WHAT YOU SHOULD DO:
Nothing but the data, repeated exactly, belongs in the answer.

Stored data:
[Start of section]
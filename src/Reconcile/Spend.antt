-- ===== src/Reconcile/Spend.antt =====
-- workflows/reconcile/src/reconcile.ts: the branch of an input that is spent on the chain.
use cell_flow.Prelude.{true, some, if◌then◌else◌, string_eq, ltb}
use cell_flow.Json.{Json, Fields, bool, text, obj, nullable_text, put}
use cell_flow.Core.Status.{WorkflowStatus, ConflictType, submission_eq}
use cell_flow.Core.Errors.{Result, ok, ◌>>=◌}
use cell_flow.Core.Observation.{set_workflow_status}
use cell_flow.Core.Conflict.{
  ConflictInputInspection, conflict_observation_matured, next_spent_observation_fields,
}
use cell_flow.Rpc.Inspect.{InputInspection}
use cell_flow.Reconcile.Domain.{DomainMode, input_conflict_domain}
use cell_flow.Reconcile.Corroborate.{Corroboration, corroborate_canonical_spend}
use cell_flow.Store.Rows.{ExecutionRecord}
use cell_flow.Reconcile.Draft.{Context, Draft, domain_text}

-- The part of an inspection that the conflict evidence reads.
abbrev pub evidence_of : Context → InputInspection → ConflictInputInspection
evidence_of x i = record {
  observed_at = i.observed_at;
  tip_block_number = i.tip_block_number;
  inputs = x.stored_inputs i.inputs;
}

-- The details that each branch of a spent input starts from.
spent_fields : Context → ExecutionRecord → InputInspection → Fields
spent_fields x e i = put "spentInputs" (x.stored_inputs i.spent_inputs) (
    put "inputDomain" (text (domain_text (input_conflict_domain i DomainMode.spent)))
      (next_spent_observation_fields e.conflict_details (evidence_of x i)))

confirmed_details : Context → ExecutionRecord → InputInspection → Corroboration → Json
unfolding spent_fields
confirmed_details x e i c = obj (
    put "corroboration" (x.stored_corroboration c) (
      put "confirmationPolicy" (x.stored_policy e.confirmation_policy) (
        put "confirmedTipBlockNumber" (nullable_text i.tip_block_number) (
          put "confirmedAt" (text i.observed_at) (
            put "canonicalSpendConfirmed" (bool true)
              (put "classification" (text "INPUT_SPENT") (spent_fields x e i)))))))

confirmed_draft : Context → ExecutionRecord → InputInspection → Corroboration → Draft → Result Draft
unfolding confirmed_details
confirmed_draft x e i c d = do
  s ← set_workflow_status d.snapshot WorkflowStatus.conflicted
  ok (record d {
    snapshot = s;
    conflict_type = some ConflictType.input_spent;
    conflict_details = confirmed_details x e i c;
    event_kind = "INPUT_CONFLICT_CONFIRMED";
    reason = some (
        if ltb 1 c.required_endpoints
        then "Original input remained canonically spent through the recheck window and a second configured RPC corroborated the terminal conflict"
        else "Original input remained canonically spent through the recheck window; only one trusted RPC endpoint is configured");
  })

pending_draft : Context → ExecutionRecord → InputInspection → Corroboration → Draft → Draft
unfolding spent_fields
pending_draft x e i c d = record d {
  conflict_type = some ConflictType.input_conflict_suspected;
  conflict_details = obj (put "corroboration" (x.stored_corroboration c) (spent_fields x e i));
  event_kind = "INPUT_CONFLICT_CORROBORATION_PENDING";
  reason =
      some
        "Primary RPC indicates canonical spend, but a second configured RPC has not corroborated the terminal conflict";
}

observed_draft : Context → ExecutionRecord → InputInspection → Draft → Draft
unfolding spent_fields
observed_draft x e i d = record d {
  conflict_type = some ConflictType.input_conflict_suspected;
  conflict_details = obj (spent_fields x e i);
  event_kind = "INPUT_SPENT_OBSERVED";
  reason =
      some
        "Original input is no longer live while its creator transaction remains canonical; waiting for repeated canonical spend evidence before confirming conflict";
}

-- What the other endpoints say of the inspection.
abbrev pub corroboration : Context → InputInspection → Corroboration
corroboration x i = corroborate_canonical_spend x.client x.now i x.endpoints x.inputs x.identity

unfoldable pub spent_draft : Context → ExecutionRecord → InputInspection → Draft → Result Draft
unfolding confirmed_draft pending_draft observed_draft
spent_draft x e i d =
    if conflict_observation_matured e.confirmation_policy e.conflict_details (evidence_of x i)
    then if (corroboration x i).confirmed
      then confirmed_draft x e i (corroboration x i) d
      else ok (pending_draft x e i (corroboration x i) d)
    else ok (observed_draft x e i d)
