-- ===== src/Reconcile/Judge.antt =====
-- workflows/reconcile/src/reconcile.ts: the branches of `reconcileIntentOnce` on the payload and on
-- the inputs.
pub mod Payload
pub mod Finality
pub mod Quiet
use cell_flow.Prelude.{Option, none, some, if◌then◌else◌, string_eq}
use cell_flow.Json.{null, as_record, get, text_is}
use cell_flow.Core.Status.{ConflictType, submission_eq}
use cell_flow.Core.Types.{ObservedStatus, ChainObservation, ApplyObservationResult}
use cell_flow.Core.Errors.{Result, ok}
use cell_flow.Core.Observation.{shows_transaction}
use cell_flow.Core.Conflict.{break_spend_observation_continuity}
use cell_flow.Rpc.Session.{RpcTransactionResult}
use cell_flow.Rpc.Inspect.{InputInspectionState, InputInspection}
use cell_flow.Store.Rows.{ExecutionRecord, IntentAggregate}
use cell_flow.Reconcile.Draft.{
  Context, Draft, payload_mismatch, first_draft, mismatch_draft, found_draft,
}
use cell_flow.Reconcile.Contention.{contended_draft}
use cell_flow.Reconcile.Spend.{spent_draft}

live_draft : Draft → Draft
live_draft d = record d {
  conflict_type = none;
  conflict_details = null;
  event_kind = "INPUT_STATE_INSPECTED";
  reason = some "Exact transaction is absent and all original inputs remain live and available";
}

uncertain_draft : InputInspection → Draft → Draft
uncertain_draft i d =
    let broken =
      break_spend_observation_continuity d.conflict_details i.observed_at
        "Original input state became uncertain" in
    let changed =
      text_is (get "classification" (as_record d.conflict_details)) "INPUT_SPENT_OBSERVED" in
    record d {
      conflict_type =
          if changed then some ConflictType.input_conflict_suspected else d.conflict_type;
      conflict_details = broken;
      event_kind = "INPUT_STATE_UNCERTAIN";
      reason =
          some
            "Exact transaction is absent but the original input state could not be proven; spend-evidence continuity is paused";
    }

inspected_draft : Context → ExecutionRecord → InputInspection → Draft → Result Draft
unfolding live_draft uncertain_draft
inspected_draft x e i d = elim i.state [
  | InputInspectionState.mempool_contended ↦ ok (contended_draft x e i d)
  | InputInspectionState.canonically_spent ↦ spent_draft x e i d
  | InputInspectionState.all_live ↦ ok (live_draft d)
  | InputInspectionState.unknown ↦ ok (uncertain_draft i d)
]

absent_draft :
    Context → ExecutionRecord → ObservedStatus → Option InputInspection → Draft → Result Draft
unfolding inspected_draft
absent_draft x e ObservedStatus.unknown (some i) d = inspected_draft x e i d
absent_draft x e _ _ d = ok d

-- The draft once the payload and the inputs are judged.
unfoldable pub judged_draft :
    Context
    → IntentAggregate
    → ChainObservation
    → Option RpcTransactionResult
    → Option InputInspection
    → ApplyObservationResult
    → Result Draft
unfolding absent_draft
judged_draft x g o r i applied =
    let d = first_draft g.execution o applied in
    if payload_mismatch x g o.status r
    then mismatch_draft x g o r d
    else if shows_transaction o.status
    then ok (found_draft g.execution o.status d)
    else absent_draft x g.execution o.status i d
[End of section]
EXERCISE SOLUTION:
filename src/Reconcile/Spend.antt
-- ===== src/Reconcile/Spend.antt =====
-- workflows/reconcile/src/reconcile.ts: the branch of an input that is spent on the chain.
use cell_flow.Prelude.{true, some, if◌then◌else◌, string_eq, ltb}
use cell_flow.Json.{Json, Fields, bool, text, obj, nullable_text, put}
use cell_flow.Core.Status.{WorkflowStatus, ConflictType, submission_eq}
use cell_flow.Core.Errors.{Result, ok, ◌>>=◌}
use cell_flow.Core.Observation.{set_workflow_status}
use cell_flow.Core.Conflict.{
  ConflictInputInspection, conflict_observation_matured, next_spent_observation_fields,
}
use cell_flow.Rpc.Inspect.{InputInspection}
use cell_flow.Reconcile.Domain.{DomainMode, input_conflict_domain}
use cell_flow.Reconcile.Corroborate.{Corroboration, corroborate_canonical_spend}
use cell_flow.Store.Rows.{ExecutionRecord}
use cell_flow.Reconcile.Draft.{Context, Draft, domain_text}

-- The part of an inspection that the conflict evidence reads.
abbrev pub evidence_of : Context → InputInspection → ConflictInputInspection
evidence_of x i = record {
  observed_at = i.observed_at;
  tip_block_number = i.tip_block_number;
  inputs = x.stored_inputs i.inputs;
}

-- The details that each branch of a spent input starts from.
spent_fields : Context → ExecutionRecord → InputInspection → Fields
spent_fields x e i = put "spentInputs" (x.stored_inputs i.spent_inputs) (
    put "inputDomain" (text (domain_text (input_conflict_domain i DomainMode.spent)))
      (next_spent_observation_fields e.conflict_details (evidence_of x i)))

confirmed_details : Context → ExecutionRecord → InputInspection → Corroboration → Json
unfolding spent_fields
confirmed_details x e i c = obj (
    put "corroboration" (x.stored_corroboration c) (
      put "confirmationPolicy" (x.stored_policy e.confirmation_policy) (
        put "confirmedTipBlockNumber" (nullable_text i.tip_block_number) (
          put "confirmedAt" (text i.observed_at) (
            put "canonicalSpendConfirmed" (bool true)
              (put "classification" (text "INPUT_SPENT") (spent_fields x e i)))))))

confirmed_draft : Context → ExecutionRecord → InputInspection → Corroboration → Draft → Result Draft
unfolding confirmed_details
confirmed_draft x e i c d = do
  s ← set_workflow_status d.snapshot WorkflowStatus.conflicted
  ok (record d {
    snapshot = s;
    conflict_type = some ConflictType.input_spent;
    conflict_details = confirmed_details x e i c;
    event_kind = "INPUT_CONFLICT_CONFIRMED";
    reason = some (
        if ltb 1 c.required_endpoints
        then "Original input remained canonically spent through the recheck window and a second configured RPC corroborated the terminal conflict"
        else "Original input remained canonically spent through the recheck window; only one trusted RPC endpoint is configured");
  })

pending_draft : Context → ExecutionRecord → InputInspection → Corroboration → Draft → Draft
unfolding spent_fields
pending_draft x e i c d = record d {
  conflict_type = some ConflictType.input_conflict_suspected;
  conflict_details = obj (put "corroboration" (x.stored_corroboration c) (spent_fields x e i));
  event_kind = "INPUT_CONFLICT_CORROBORATION_PENDING";
  reason =
      some
        "Primary RPC indicates canonical spend, but a second configured RPC has not corroborated the terminal conflict";
}

observed_draft : Context → ExecutionRecord → InputInspection → Draft → Draft
unfolding spent_fields
observed_draft x e i d = record d {
  conflict_type = some ConflictType.input_conflict_suspected;
  conflict_details = obj (spent_fields x e i);
  event_kind = "INPUT_SPENT_OBSERVED";
  reason =
      some
        "Original input is no longer live while its creator transaction remains canonical; waiting for repeated canonical spend evidence before confirming conflict";
}

-- What the other endpoints say of the inspection.
abbrev pub corroboration : Context → InputInspection → Corroboration
corroboration x i = corroborate_canonical_spend x.client x.now i x.endpoints x.inputs x.identity

unfoldable pub spent_draft : Context → ExecutionRecord → InputInspection → Draft → Result Draft
unfolding confirmed_draft pending_draft observed_draft
spent_draft x e i d =
    if conflict_observation_matured e.confirmation_policy e.conflict_details (evidence_of x i)
    then if (corroboration x i).confirmed
      then confirmed_draft x e i (corroboration x i) d
      else ok (pending_draft x e i (corroboration x i) d)
    else ok (observed_draft x e i d)
-- ===== src/Reconcile/Judge.antt =====
-- workflows/reconcile/src/reconcile.ts: the branches of `reconcileIntentOnce` on the payload and on
-- the inputs.
pub mod Payload
pub mod Finality
pub mod Quiet
use cell_flow.Prelude.{Option, none, some, if◌then◌else◌, string_eq}
use cell_flow.Json.{null, as_record, get, text_is}
use cell_flow.Core.Status.{ConflictType, submission_eq}
use cell_flow.Core.Types.{ObservedStatus, ChainObservation, ApplyObservationResult}
use cell_flow.Core.Errors.{Result, ok}
use cell_flow.Core.Observation.{shows_transaction}
use cell_flow.Core.Conflict.{break_spend_observation_continuity}
use cell_flow.Rpc.Session.{RpcTransactionResult}
use cell_flow.Rpc.Inspect.{InputInspectionState, InputInspection}
use cell_flow.Store.Rows.{ExecutionRecord, IntentAggregate}
use cell_flow.Reconcile.Draft.{
  Context, Draft, payload_mismatch, first_draft, mismatch_draft, found_draft,
}
use cell_flow.Reconcile.Contention.{contended_draft}
use cell_flow.Reconcile.Spend.{spent_draft}

live_draft : Draft → Draft
live_draft d = record d {
  conflict_type = none;
  conflict_details = null;
  event_kind = "INPUT_STATE_INSPECTED";
  reason = some "Exact transaction is absent and all original inputs remain live and available";
}

uncertain_draft : InputInspection → Draft → Draft
uncertain_draft i d =
    let broken =
      break_spend_observation_continuity d.conflict_details i.observed_at
        "Original input state became uncertain" in
    let changed =
      text_is (get "classification" (as_record d.conflict_details)) "INPUT_SPENT_OBSERVED" in
    record d {
      conflict_type =
          if changed then some ConflictType.input_conflict_suspected else d.conflict_type;
      conflict_details = broken;
      event_kind = "INPUT_STATE_UNCERTAIN";
      reason =
          some
            "Exact transaction is absent but the original input state could not be proven; spend-evidence continuity is paused";
    }

inspected_draft : Context → ExecutionRecord → InputInspection → Draft → Result Draft
unfolding live_draft uncertain_draft
inspected_draft x e i d = elim i.state [
  | InputInspectionState.mempool_contended ↦ ok (contended_draft x e i d)
  | InputInspectionState.canonically_spent ↦ spent_draft x e i d
  | InputInspectionState.all_live ↦ ok (live_draft d)
  | InputInspectionState.unknown ↦ ok (uncertain_draft i d)
]

absent_draft :
    Context → ExecutionRecord → ObservedStatus → Option InputInspection → Draft → Result Draft
unfolding inspected_draft
absent_draft x e ObservedStatus.unknown (some i) d = inspected_draft x e i d
absent_draft x e _ _ d = ok d

-- The draft once the payload and the inputs are judged.
unfoldable pub judged_draft :
    Context
    → IntentAggregate
    → ChainObservation
    → Option RpcTransactionResult
    → Option InputInspection
    → ApplyObservationResult
    → Result Draft
unfolding absent_draft
judged_draft x g o r i applied =
    let d = first_draft g.execution o applied in
    if payload_mismatch x g o.status r
    then mismatch_draft x g o r d
    else if shows_transaction o.status
    then ok (found_draft g.execution o.status d)
    else absent_draft x g.execution o.status i d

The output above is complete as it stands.